▸ **EXERCISE DIRECTIONS**
Starting at the line that contains "storage = memory;" and ending at the line that contains "init r placement", the lines below are to be given again exactly, with nothing added.

▸ **EXERCISE DATA**
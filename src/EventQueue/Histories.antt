-- ===== src/EventQueue/Histories.antt =====
-- Histories of calls of the event queues, over the bounded queue of src/fuxi/base/bounded_queue.hpp.
use fuxi_n.Prelude.{ℕ, suc, ◌≡◌, some, length}
use fuxi_n.BoundedQueue.Batch.{Queue}
use fuxi_n.BoundedQueue.Batch.Appends.{contents}
use fuxi_n.EventQueue.{FlatSignalQueue}
use fuxi_n.EventQueue.Tries
use fuxi_n.EventQueue.Tries.{IsCounted, call-ideal, ideal}
use fuxi_n.EventQueue.Pushes
use fuxi_n.EventQueue.Bounded.{bounded_ops, bounded_laws}

-- Where `available_size_` is the number of the events in a quiet bounded queue, of which there are at
-- most `num` below 2^31, with as many slots at least, and the indexes do not wrap for the `n + 1` next
-- calls: a call of `TryPush` or `TryPop` answers and changes the queue as a queue of at most `num`
-- values does, its loop ends in the first round, and the same holds after it for `n` calls.
pub first_in_first_out :
    (bit_ceil ctzll : ℕ → ℕ) (fuel n num : ℕ) (s : FlatSignalQueue (Queue ℕ)) (c : Tries.Call)
    → IsCounted
        (bounded_ops bit_ceil ctzll)
        (bounded_laws bit_ceil ctzll)
        (suc n)
        num
        (length (contents s.ev_queue))
        s
    → (s' : FlatSignalQueue (Queue ℕ)) × (Tries.call (bounded_ops bit_ceil ctzll) (suc fuel) s c
        ≡ some ((ideal num (contents s.ev_queue) c).0, s'))
      × IsCounted
          (bounded_ops bit_ceil ctzll)
          (bounded_laws bit_ceil ctzll)
          n
          num
          (length (contents s'.ev_queue))
          s'
      × (contents s'.ev_queue ≡ (ideal num (contents s.ev_queue) c).1)
first_in_first_out bit_ceil ctzll =
    call-ideal (bounded_ops bit_ceil ctzll) (bounded_laws bit_ceil ctzll)
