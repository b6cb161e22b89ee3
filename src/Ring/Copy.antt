-- ===== src/Ring/Copy.antt =====
-- The copy loops of `EnqueueValues` and `DequeueValues`: values go from `src`, at offset `s` on, to
-- `dst`, at offset `d` on.
use fuxi_n.Prelude.{
  ℕ, zero, suc, ◌+◌, ◌-◌, ◌*◌, ◌/◌, ◌%◌, ◌<◌, ◌≡◌, sym, ◌∙◌, Array, update, ltb, leb, ◌==◌,
  if◌then◌else◌, ◌&&◌, arith, bit_and,
}
use fuxi_n.Prelude.Bits.{bit_and-mask}
use mathlib.Core.Path.{fun_ext}

module _ {A : Type 0} where
  -- `for (...; i++, idx++) ring[idx] = obj_table[i];`, by the rounds that it makes
  pub copy_run : ℕ → Array A → ℕ → Array A → ℕ → Array A
  copy_run zero dst d src s = dst
  copy_run (suc n) dst d src s = copy_run n (update dst d (src s)) (d + 1) src (s + 1)

  -- `for (i = 0; i < (n & ~3u); i += 4, idx += 4) {...}`, by the rounds that it makes
  pub copy_quads : ℕ → Array A → ℕ → Array A → ℕ → Array A
  copy_quads zero dst d src s = dst
  copy_quads (suc q) dst d src s =
      let one = update dst d (src s) in
      let two = update one (d + 1) (src (s + 1)) in
      let three = update two (d + 2) (src (s + 2)) in
      let four = update three (d + 3) (src (s + 3)) in copy_quads q four (d + 4) src (s + 4)

  -- `switch (n & 0x3)`: each case falls through to the next.
  case_one : Array A → ℕ → Array A → ℕ → Array A
  case_one dst d src s = update dst d (src s)

  case_two : Array A → ℕ → Array A → ℕ → Array A
  unfolding case_one
  case_two dst d src s = case_one (update dst d (src s)) (d + 1) src (s + 1)

  case_three : Array A → ℕ → Array A → ℕ → Array A
  unfolding case_two
  case_three dst d src s = case_two (update dst d (src s)) (d + 1) src (s + 1)

  pub copy_rest : ℕ → Array A → ℕ → Array A → ℕ → Array A
  unfolding case_one case_two case_three
  copy_rest r dst d src s =
      if r == 3
      then case_three dst d src s
      else if r == 2
      then case_two dst d src s
      else if r == 1
      then case_one dst d src s
      else dst

  -- The branch for a range that does not go round the end.
  pub copy_unrolled : ℕ → Array A → ℕ → Array A → ℕ → Array A
  copy_unrolled n dst d src s =
      let rounds = n / 4 in
      copy_rest (bit_and n 3) (copy_quads rounds dst d src s) (d + 4 * rounds) src (s + 4 * rounds)

  -- What a copy of `n` values leaves at offset `j`.
  abbrev pub copied : ℕ → Array A → ℕ → Array A → ℕ → ℕ → A
  copied n dst d src s j = if leb d j && ltb j (d + n) then src (s + (j - d)) else dst j

  pub copy_run_lem :
      (n : ℕ) (dst : Array A) (d : ℕ) (src : Array A) (s j : ℕ)
      → copy_run n dst d src s j ≡ copied n dst d src s j
  unfolding copy_run
  copy_run_lem zero dst d src s j = ground arith
  copy_run_lem (suc n) dst d src s j =
      copy_run_lem n (update dst d (src s)) (d + 1) src (s + 1) j ∙ ground arith

  copy_quads_lem :
      (q : ℕ) (dst : Array A) (d : ℕ) (src : Array A) (s j : ℕ)
      → copy_quads q dst d src s j ≡ copied (4 * q) dst d src s j
  unfolding copy_quads
  copy_quads_lem zero dst d src s j = ground arith
  copy_quads_lem (suc q) dst d src s j = copy_quads_lem q _ (d + 4) src (s + 4) j ∙ ground arith

  copy_rest_lem :
      (r : ℕ) (dst : Array A) (d : ℕ) (src : Array A) (s j : ℕ)
      → r < 4
      → copy_rest r dst d src s j ≡ copied r dst d src s j
  unfolding copy_rest
  copy_rest_lem r dst d src s j h = ground arith

  pub copy_unrolled_lem :
      (n : ℕ) (dst : Array A) (d : ℕ) (src : Array A) (s j : ℕ)
      → copy_unrolled n dst d src s j ≡ copied n dst d src s j
  unfolding copy_unrolled
  copy_unrolled_lem n dst d src s j = rw (bit_and-mask 2 n) (
      copy_rest_lem (n % 4) (copy_quads (n / 4) dst d src s) (d + 4 * (n / 4)) src (s + 4 * (n / 4))
        j (omega arith)
      ∙ ground (arith, copy_quads_lem (n / 4) dst d src s j))

  -- The copy in fours, with the rest by a `switch` that falls through, is the plain loop.
  pub copy_unrolled-copy_run :
      (n : ℕ) (dst : Array A) (d : ℕ) (src : Array A) (s : ℕ)
      → copy_unrolled n dst d src s ≡ copy_run n dst d src s
  copy_unrolled-copy_run n dst d src s =
      fun_ext λ j. copy_unrolled_lem n dst d src s j ∙ sym (copy_run_lem n dst d src s j)
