-- ===== src/Ring.antt =====
-- The state and the operations of `RteRing<T>` (src/fuxi/base/rte_ring.h, rte_ring.hpp) and
-- `UpdateTail` (src/fuxi/base/ring_common.cc), the bounded ring behind the free lists of the shared
-- memory. Each call runs with no other thread between its steps.
-- A `uint32_t` is a number below 2^32, wrapped where the code computes it.
pub mod Copy
pub mod Window
pub mod Queue
pub mod Rest
pub mod Enqueue
pub mod Dequeue
pub mod One
pub mod Init
pub mod Fill
use fuxi_n.Prelude.{
  ℕ, ◌+◌, ◌-◌, ◌*◌, ◌/◌, ◌%◌, bit_and, Bool, true, false, Option, none, some, Array, u32_mod,
  u64_mod, ltb, ◌==◌, if◌then◌else◌, ◌||◌,
}
use Copy.{copy_run, copy_unrolled}

-- `ring_headtail`
pub record HeadTail : Type 0 where
  pub head : ℕ
  pub tail : ℕ

pub record RteRing (A : Type 0) : Type 0 where
  pub size : ℕ
  pub mask : ℕ
  pub capacity : ℕ
  pub is_sp : Bool
  pub is_sc : Bool
  pub inited : Bool
  pub prod : HeadTail
  pub cons : HeadTail
  pub storage : Array A
  pub use_outer_buffer : Bool

-- The spin of a shared ring ends only if the tail is the caller's: `none` is a wait for ever.
pub update_tail : HeadTail → ℕ → ℕ → Bool → Option HeadTail
update_tail ht old_val new_val single =
    if single || ht.tail == old_val then some (record ht { tail = new_val }) else none

-- What `MoveProdHead` and `MoveConsHead` return: `n`, and their out parameters. `new_head` is
-- written on success only; `entries` is `*free_entries` of the one and `*entries` of the other.
pub record Moved : Type 0 where
  pub count : ℕ
  pub old_head : ℕ
  pub new_head : ℕ
  pub entries : ℕ
  pub after : HeadTail

-- One round of the loop. With no other thread the compare-and-swap of a shared ring finds the head
-- that was loaded, so that both ways of storing the head succeed in the first round.
unfoldable pub move_prod_head : ℕ → HeadTail → HeadTail → ℕ → Moved
move_prod_head capacity prod cons n =
    let free = (capacity + cons.tail + u32_mod - prod.head) % u32_mod in
    let max = if ltb free n then 0 else n in
    let next = (prod.head + max) % u32_mod in
    if max == 0
    then record {
      count = 0;
      old_head = prod.head;
      new_head = prod.head;
      entries = free;
      after = prod;
    }
    else record {
      count = max;
      old_head = prod.head;
      new_head = next;
      entries = free;
      after = record prod { head = next };
    }

unfoldable pub move_cons_head : HeadTail → HeadTail → ℕ → Moved
move_cons_head prod cons n =
    let held = (prod.tail + u32_mod - cons.head) % u32_mod in
    let max = if ltb held n then 0 else n in
    let next = (cons.head + max) % u32_mod in
    if max == 0
    then record {
      count = 0;
      old_head = cons.head;
      new_head = cons.head;
      entries = held;
      after = cons;
    }
    else record {
      count = max;
      old_head = cons.head;
      new_head = next;
      entries = held;
      after = record cons { head = next };
    }

module _ {A : Type 0} where
  unfoldable pub enqueue_values : ℕ → ℕ → Array A → ℕ → Array A → ℕ → Array A
  enqueue_values size mask ring prod_head obj_table n =
      let idx = bit_and prod_head mask in
      let upper = size - idx in
      if ltb ((idx + n) % u32_mod) size
      then copy_unrolled n ring idx obj_table 0
      else copy_run (n - upper) (copy_run upper ring idx obj_table 0) 0 obj_table upper

  -- The result is `obj_table` after the call.
  unfoldable pub dequeue_values : ℕ → ℕ → Array A → ℕ → Array A → ℕ → Array A
  dequeue_values size mask ring cons_head obj_table n =
      let idx = bit_and cons_head mask in
      let upper = size - idx in
      if ltb ((idx + n) % u32_mod) size
      then copy_unrolled n obj_table 0 ring idx
      else copy_run (n - upper) (copy_run upper obj_table 0 ring idx) upper ring 0

  -- What `DoEnqueue` returns, `*free_space`, and the ring after the call.
  unfoldable pub do_enqueue : RteRing A → Array A → ℕ → Bool → Option (ℕ × ℕ × RteRing A)
  do_enqueue r obj_table n is_sp =
      let m = move_prod_head r.capacity r.prod r.cons n in
      if m.count == 0
      then some (0, m.entries, record r { prod = m.after })
      else elim (update_tail m.after m.old_head m.new_head is_sp) [
        | none ↦ none
        | some prod ↦ some (
          m.count,
          (m.entries + u32_mod - m.count) % u32_mod,
          record r {
            prod = prod;
            storage = enqueue_values r.size r.mask r.storage m.old_head obj_table m.count;
          },
        )
      ]

  -- What `DoDequeue` returns, `*available`, `obj_table` after the call, and the ring.
  unfoldable pub do_dequeue : RteRing A → Array A → ℕ → Bool → Option (ℕ × ℕ × Array A × RteRing A)
  do_dequeue r obj_table n is_sc =
      let m = move_cons_head r.prod r.cons n in
      if m.count == 0
      then some (0, m.entries, obj_table, record r { cons = m.after })
      else elim (update_tail m.after m.old_head m.new_head is_sc) [
        | none ↦ none
        | some cons ↦ some (
          m.count,
          (m.entries + u32_mod - m.count) % u32_mod,
          dequeue_values r.size r.mask r.storage m.old_head obj_table m.count,
          record r { cons = cons },
        )
      ]

-- `AlignmentSize()`
abbrev pub alignment : ℕ
alignment = 128

-- The constructor's members: `storage` is what lies behind the pointer that `init` will set.
unfoldable pub fresh : {A : Type 0} → Array A → RteRing A
fresh memory = record {
  size = 0;
  mask = 0;
  capacity = 0;
  is_sp = true;
  is_sc = true;
  inited = false;
  prod = record { head = 0; tail = 0 };
  cons = record { head = 0; tail = 0 };
  storage = memory;
  use_outer_buffer = false;
}

-- `absl::bit_ceil`, the size of a value, and the value that `bzero` leaves.
module _ {A : Type 0} (bit_ceil : ℕ → ℕ) (value_size : ℕ) (zeroed : A) where
  -- `x & -alignment` clears the bits below 128.
  unfoldable pub placement_storage_size : ℕ → ℕ
  placement_storage_size num =
      (bit_ceil num * value_size + alignment - 1) % u64_mod / alignment * alignment

  -- `placement` is the memory of a placement storage with one non-null buffer, or `none`, where
  -- `allocated` is what `aligned_alloc` returns. Only whole values below `buffer_size` are zeroed.
  unfoldable pub init : RteRing A → Option (Array A) → Array A → ℕ → Bool → Bool → RteRing A
  unfolding placement_storage_size
  init r placement allocated object_num is_sp is_sc =
      let size = bit_ceil object_num % u32_mod in
      let zeroed_values = placement_storage_size object_num / value_size in
      let cleared =
        λ (memory : Array A) (j : ℕ). if ltb j zeroed_values then zeroed else memory j in
      if r.inited then r else record r {
        size = size;
        mask = (size + u32_mod - 1) % u32_mod;
        capacity = size;
        is_sp = is_sp;
        is_sc = is_sc;
        inited = true;
        storage = elim placement [ none ↦ cleared allocated | some buffer ↦ cleared buffer ];
        use_outer_buffer = elim placement [ none ↦ r.use_outer_buffer | some buffer ↦ true ];
      }
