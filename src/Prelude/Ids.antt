-- ===== src/Prelude/Ids.antt =====
-- Lists of ids up to their order, as a free list and its users share them.
use Prim.Native.Nat.{ℕ, zero, suc, ◌+◌, ◌≤◌, ◌<◌}
use mathlib.Core.Path.{◌≡◌, refl, sym, ap, ◌∙◌}
use mathlib.Core.Logic.Or
use mathlib.Core.Option.{some}
use mathlib.Core.HLevel.{×_prop}
use mathlib.Core.List
use mathlib.Core.List.{
  List, [], ◌∷◌, ◌++◌, Mem, Nodup, Perm, mem-cons, not-mem-nil, Nodup-cons, Nodup-nil,
}
use mathlib.Core.List.Perm
use native.Mathlib.Bridge.{from_ℕ, le_prop}
use native.Mathlib.Omega.{arith}
use fuxi_n.Prelude.Lists.{length, get_elem?}

module _ {ℓ} {A : Type ℓ} where
  -- The list without the entry at an index; past the end it is unchanged.
  abbrev pub remove_at : List A → ℕ → List A
  remove_at [] i = []
  remove_at (x ∷ xs) zero = xs
  remove_at (x ∷ xs) (suc i) = x ∷ remove_at xs i

  pub remove_at-perm :
      (xs : List A) (i : ℕ) (x : A) → get_elem? xs i ≡ some x → Perm xs (x ∷ remove_at xs i)
  remove_at-perm [] i x e = cc
  remove_at-perm (y ∷ xs) zero x e = Perm.cons' (ground arith) Perm.rfl
  remove_at-perm (y ∷ xs) (suc i) x e =
      Perm.trans (Perm.cons y (remove_at-perm xs i x e)) (Perm.swap x y (remove_at xs i))

  length-from_ℕ : (xs : List A) → length xs ≡ from_ℕ (List.length xs)
  length-from_ℕ [] = refl
  length-from_ℕ (x ∷ xs) = ap suc (length-from_ℕ xs)

  pub length-perm : {xs ys : List A} → Perm xs ys → length xs ≡ length ys
  length-perm {xs} {ys} p = length-from_ℕ xs ∙ ap from_ℕ (Perm.length-eq p) ∙ sym (length-from_ℕ ys)

-- `s` to `s + n - 1`
abbrev pub ids_from : ℕ → ℕ → List ℕ
ids_from s zero = []
ids_from s (suc n) = s ∷ ids_from (s + 1) n

pub length-ids_from : (s n : ℕ) → length (ids_from s n) ≡ n
length-ids_from s zero = refl
length-ids_from s (suc n) = ap suc (length-ids_from (s + 1) n)

pub mem-ids_from : (s n i : ℕ) → Mem i (ids_from s n) → (s ≤ i) × (i < s + n)
mem-ids_from s zero i m = absurd (not-mem-nil m)
mem-ids_from s (suc n) i m =
    Or.elim (×_prop le_prop le_prop) (mem-cons.0 m) (λ e. omega arith)
      λ later. omega (arith, mem-ids_from (s + 1) n i later)

pub Nodup-ids_from : (s n : ℕ) → Nodup (ids_from s n)
Nodup-ids_from s zero = Nodup-nil
Nodup-ids_from s (suc n) =
    Nodup-cons.1
      ((λ m. absurd (omega (arith, mem-ids_from (s + 1) n s m))), Nodup-ids_from (s + 1) n)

▸ **THE ANSWER**
  storage = memory;
  use_outer_buffer = false;
}

-- `absl::bit_ceil`, the size of a value, and the value that `bzero` leaves.
module _ {A : Type 0} (bit_ceil : ℕ → ℕ) (value_size : ℕ) (zeroed : A) where
  -- `x & -alignment` clears the bits below 128.
  unfoldable pub placement_storage_size : ℕ → ℕ
  placement_storage_size num =
      (bit_ceil num * value_size + alignment - 1) % u64_mod / alignment * alignment

  -- `placement` is the memory of a placement storage with one non-null buffer, or `none`, where
  -- `allocated` is what `aligned_alloc` returns. Only whole values below `buffer_size` are zeroed.
  unfoldable pub init : RteRing A → Option (Array A) → Array A → ℕ → Bool → Bool → RteRing A
  unfolding placement_storage_size
  init r placement allocated object_num is_sp is_sc =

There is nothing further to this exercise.